I am planning on downsizing my setup and would appreciate some feedback.

Currently I am running 8 nodes on 8 HDDs with 128 GB of RAM and a cheap 8 TB caching SSD (sata).

I want to migrate that over to a Pi5. For fun I would like to try connecting all 8 HDDs to test out the limits but I don’t expect a single Pi5 to have enough resources for that. My expectation is that it can handle 4 drives and will get problems with the 5th drive. If that works out it only means I need a second Pi5 and can move all of my existing nodes to a setup that consumes less power and I can scale this up. If my friends want to run a storage node they get a Pi5 with a 5 bay enclosure and if that ever gets full just get another one. This would be the lowest power consumption I can think of.

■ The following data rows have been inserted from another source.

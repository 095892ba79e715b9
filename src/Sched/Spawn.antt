-- ===== src/Sched/Spawn.antt =====
-- New tasks (src/scheduler.rs): `spawn` and `spawn_kernel`.
use veil_os.Base.{
  Bool, true, false, some_inj, ℕ, zero, suc, ◌+◌, ◌^◌, ◌<◌, ◌≡◌, refl, sym, ◌∙◌, inl, inr, List, [],
  ◌∷◌, Option, none, some, arith, ◌==◌, if◌then◌else◌, Option-cases,
}
use mathlib.Core.Path.{subst}
use veil_os.Base.{bind_some}
use veil_os.Base.Word.{add64, add64_lem}
use veil_os.Paging.{Machine, clone_kernel}
use veil_os.Sched.{
  Bytes, Linked, ready, Task, Kernel, task_at, place, spawn, spawn_kernel, add_task, alloc_kstack,
  load_pages, load_stack, ustack_pages,
}
use veil_os.Sched.Slots.{task_at-nil, task_at-zero, task_at-suc}
use veil_os.Sched.Yield.{IsScheduled}

-- One slot of the table has changed, from `before` to `after`.
pub record Changed (l : List (Option Task)) (before after : Option Task) (l' : List (Option Task))
    : Type 0 where
  pub at : ℕ
  pub old : task_at l at ≡ before
  pub new : (x : ℕ) → task_at l' x ≡ (if at == x then after else task_at l x)

pub Changed-cons :
    (o : Option Task) (l l' : List (Option Task)) {before after : Option Task}
    → (c : Changed l before after l')
    → (d : Changed (o ∷ l) before after (o ∷ l')) × (d.at ≡ suc c.at)
Changed-cons o l l' {before} {after} c =
    (record { at = suc c.at; old = task_at-suc o l c.at ∙ c.old; new = read }, refl)
  where
    read : (x : ℕ) → task_at (o ∷ l') x ≡ (if suc c.at == x then after else task_at (o ∷ l) x)
    read zero = ground (arith, task_at-zero o l', task_at-zero o l)
    read (suc x) = ground (arith, task_at-suc o l' x, task_at-suc o l x, c.new x)

pub Changed-head :
    (o o' : Option Task) (l : List (Option Task)) → (d : Changed (o ∷ l) o o' (o' ∷ l)) × (d.at ≡ 0)
Changed-head o o' l = (record { at = 0; old = task_at-zero o l; new = read }, refl)
  where
    read : (x : ℕ) → task_at (o' ∷ l) x ≡ (if 0 == x then o' else task_at (o ∷ l) x)
    read zero = task_at-zero o' l
    read (suc x) = ground (arith, task_at-suc o' l x, task_at-suc o l x)

pub place-Changed : (l : List (Option Task)) (t : Task) → Changed l none (some t) (place l t)
unfolding place
place-Changed [] t = record { at = 0; old = task_at-nil 0; new = read }
  where
    read : (x : ℕ) → task_at (some t ∷ []) x ≡ (if 0 == x then some t else task_at [] x)
    read zero = task_at-zero (some t) []
    read (suc x) = ground (arith, task_at-suc (some t) [] x, task_at-nil x, task_at-nil (suc x))
place-Changed (none ∷ l) t = (Changed-head none (some t) l).0
place-Changed (some u ∷ l) t = (Changed-cons (some u) l (place l t) (place-Changed l t)).0

-- A fresh ready task in an empty slot.
record Placed (k : Kernel) (pid : ℕ) (k' : Kernel) : Type 0 where
  task : Task
  machine : Machine
  pid_of : task.pid ≡ k.next_pid
  ready_now : task.state ≡ ready
  returned : pid ≡ k.next_pid
  result :
      k' ≡ record k { machine = machine; next_pid = add64 k.next_pid 1; tasks = place k.tasks task }

-- What a call answers: none, with nothing but the machine changed, or a fresh task.
abbrev Answered : Kernel → Option ℕ → Kernel → Type 0
Answered k none k' = (m : Machine) × (k' ≡ record k { machine = m })
Answered k (some pid) k' = Placed k pid k'

-- The same of a result.
abbrev Adds : Kernel → Option ℕ × Kernel → Type 0
Adds k (answer, k') = Answered k answer k'

spawn_kernel-Adds :
    (linked : Linked) (k : Kernel) (name : Bytes) (entry : ℕ)
    → Adds k (spawn_kernel linked k name entry)
unfolding spawn_kernel
spawn_kernel-Adds linked k name entry = elim (Option-cases (alloc_kstack k.machine)) [
  | inl full ↦ rw (full, spawn_kernel) (k.machine, refl)
  | inr ((kstack, m), got) ↦
      rw (got, spawn_kernel)
        (record {
          task = _;
          machine = m;
          pid_of = refl;
          ready_now = refl;
          returned = refl;
          result = refl;
        })
]

add_task-Adds :
    (linked : Linked) (k : Kernel) (name args : Bytes) (root : ℕ) (m : Machine)
    → Adds k (add_task linked k name args root m)
unfolding add_task
add_task-Adds linked k name args root m = elim (Option-cases (alloc_kstack m)) [
  | inl full ↦ rw (full, add_task) (m, refl)
  | inr ((kstack, m1), got) ↦
      rw (got, add_task)
        (record {
          task = _;
          machine = m1;
          pid_of = refl;
          ready_now = refl;
          returned = refl;
          result = refl;
        })
]

if-Adds :
    (k : Kernel) (b : Bool) (x y : Option ℕ × Kernel)
    → Adds k x
    → Adds k y
    → Adds k (if b then x else y)
if-Adds k true x y p q = p
if-Adds k false x y p q = q

spawn-Adds :
    (linked : Linked) (k : Kernel) (bin name args : Bytes) {r : Option ℕ × Kernel}
    → spawn linked k bin name args ≡ some r
    → Adds k r
unfolding spawn
spawn-Adds linked k bin name args e =
    let ((root, m1), got1, e1) = bind_some (clone_kernel k.machine k.kernel_root) _ e in
    let ((loaded, m2), got2, e2) = bind_some (load_pages m1 root bin 0 _) _ e1 in
    let ((stacked, m3), got3, e3) =
      bind_some {A = Bool × Machine}
        (if loaded then load_stack m2 root 0 ustack_pages else some (false, m2)) _ e2 in
    subst (Adds k) (some_inj e3)
      (if-Adds k stacked _ _ (add_task-Adds linked k name args root m3) (m3, refl))

-- What a new task finds: it is ready in one slot that was empty, with the next pid, and the other
-- tasks are as they were.
pub record Spawned (k : Kernel) (pid : ℕ) (k' : Kernel) : Type 0 where
  pub task : Task
  pub changed : Changed k.tasks none (some task) k'.tasks
  pub named : task.pid ≡ pid
  pub ready_now : task.state ≡ ready
  pub same_current : k'.current ≡ k.current
  pub scheduled : IsScheduled k'

Placed-IsScheduled :
    (k : Kernel) (v : IsScheduled k) (task : Task) (machine : Machine)
    → task.pid ≡ k.next_pid
    → task.state ≡ ready
    → k.next_pid + 1 < 2 ^ 64
    → IsScheduled
        (record k { machine = machine; next_pid = add64 k.next_pid 1; tasks = place k.tasks task })
Placed-IsScheduled k v task machine p r h =
    let c = place-Changed k.tasks task in
    let next = add64_lem k.next_pid 1 h in
    record {
      me = v.me;
      here = ground (arith, c.new k.current, c.old, v.here);
      running_here = v.running_here;
      alone = λ i t e q. ground (arith, c.new i, v.alone i t);
      fresh = λ i t e. ground (arith, c.new i, v.fresh i t, next);
      distinct = λ i j t u e f q.
          ground (arith, c.new i, c.new j, v.distinct i j t u, v.fresh i t, v.fresh j u);
    }

Placed-Spawned :
    (k : Kernel) (v : IsScheduled k) (pid : ℕ) (k' : Kernel)
    → k.next_pid + 1 < 2 ^ 64
    → Placed k pid k'
    → Spawned k pid k'
Placed-Spawned k v pid k' h s = rw s.result (record {
  task = s.task;
  changed = place-Changed k.tasks s.task;
  named = s.pid_of ∙ sym s.returned;
  ready_now = s.ready_now;
  same_current = refl;
  scheduled = Placed-IsScheduled k v s.task s.machine s.pid_of s.ready_now h;
})

-- What a spawn leaves: a new task, or a kernel of the same kind that differs in its machine alone.
abbrev pub HasSpawned : Kernel → Option ℕ → Kernel → Type 0
HasSpawned k none k' = ((m : Machine) × (k' ≡ record k { machine = m })) × IsScheduled k'
HasSpawned k (some pid) k' = Spawned k pid k'

Answered-HasSpawned :
    (k : Kernel) (v : IsScheduled k) (answer : Option ℕ) (k' : Kernel)
    → k.next_pid + 1 < 2 ^ 64
    → Answered k answer k'
    → HasSpawned k answer k'
Answered-HasSpawned k v none k' h (m, same) = (
  (m, same),
  rw same (record {
    me = v.me;
    here = v.here;
    running_here = v.running_here;
    alone = v.alone;
    fresh = v.fresh;
    distinct = v.distinct;
  }),
)
Answered-HasSpawned k v (some pid) k' h s = Placed-Spawned k v pid k' h s

-- From a state with one running task, in the current slot, and pids that are distinct and all
-- below the pid counter, and while the pid counter does not wrap, a spawn that does not panic
-- either returns a pid, and has added one ready task under it to a slot that was empty and changed
-- no other slot; or it returns None, and only frames and memory have changed. Either way the state
-- is again of that kind.
pub spawn-Spawned :
    (linked : Linked) (k : Kernel) (bin name args : Bytes) {answer : Option ℕ} {k' : Kernel}
    → IsScheduled k
    → k.next_pid + 1 < 2 ^ 64
    → spawn linked k bin name args ≡ some (answer, k')
    → HasSpawned k answer k'
spawn-Spawned linked k bin name args {answer} {k'} v h e =
    Answered-HasSpawned k v answer k' h (spawn-Adds linked k bin name args e)

-- The same of spawn_kernel, which never panics.
spawn_kernel-Spawned :
    (linked : Linked) (k : Kernel) (name : Bytes) (entry : ℕ)
    → IsScheduled k
    → k.next_pid + 1 < 2 ^ 64
    → HasSpawned k (spawn_kernel linked k name entry).0 (spawn_kernel linked k name entry).1
spawn_kernel-Spawned linked k name entry v h =
    Answered-HasSpawned k v _ _ h (spawn_kernel-Adds linked k name entry)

So the challenge is to run as many drives as possible on the Pi5 with acceptable success rate and best case garbage collection takes only a few hours per drive and not days. I want to do the stupid thing and test out how ZFS will perform in this situation. I don’t expect a miracle but sync=disabled and a metadata cache sounds like exactly what I need.

Here is what I want to set so far:

zfs set compression=on SN1
zfs set sync=disabled SN1
zfs set atime=off SN1
zfs set recordsize=1M SN1
zfs set mountpoint=/mnt/sn1 SN1
zfs set primarycache=metadata SN1
zfs set secondarycache=metadata SN1

Now this would be with a 1TB NVMe SSD in the system. I could allocate 64GB per drive and use the rest for the OS including the storage node DBs. I am doing that in my current setup with the caching SSD as well. The problem is that adding a drive is complicated because I would have to resize the partitions. How would the special vdev perform in comparison? It will remove the need of resizing partitions right? Any downsides?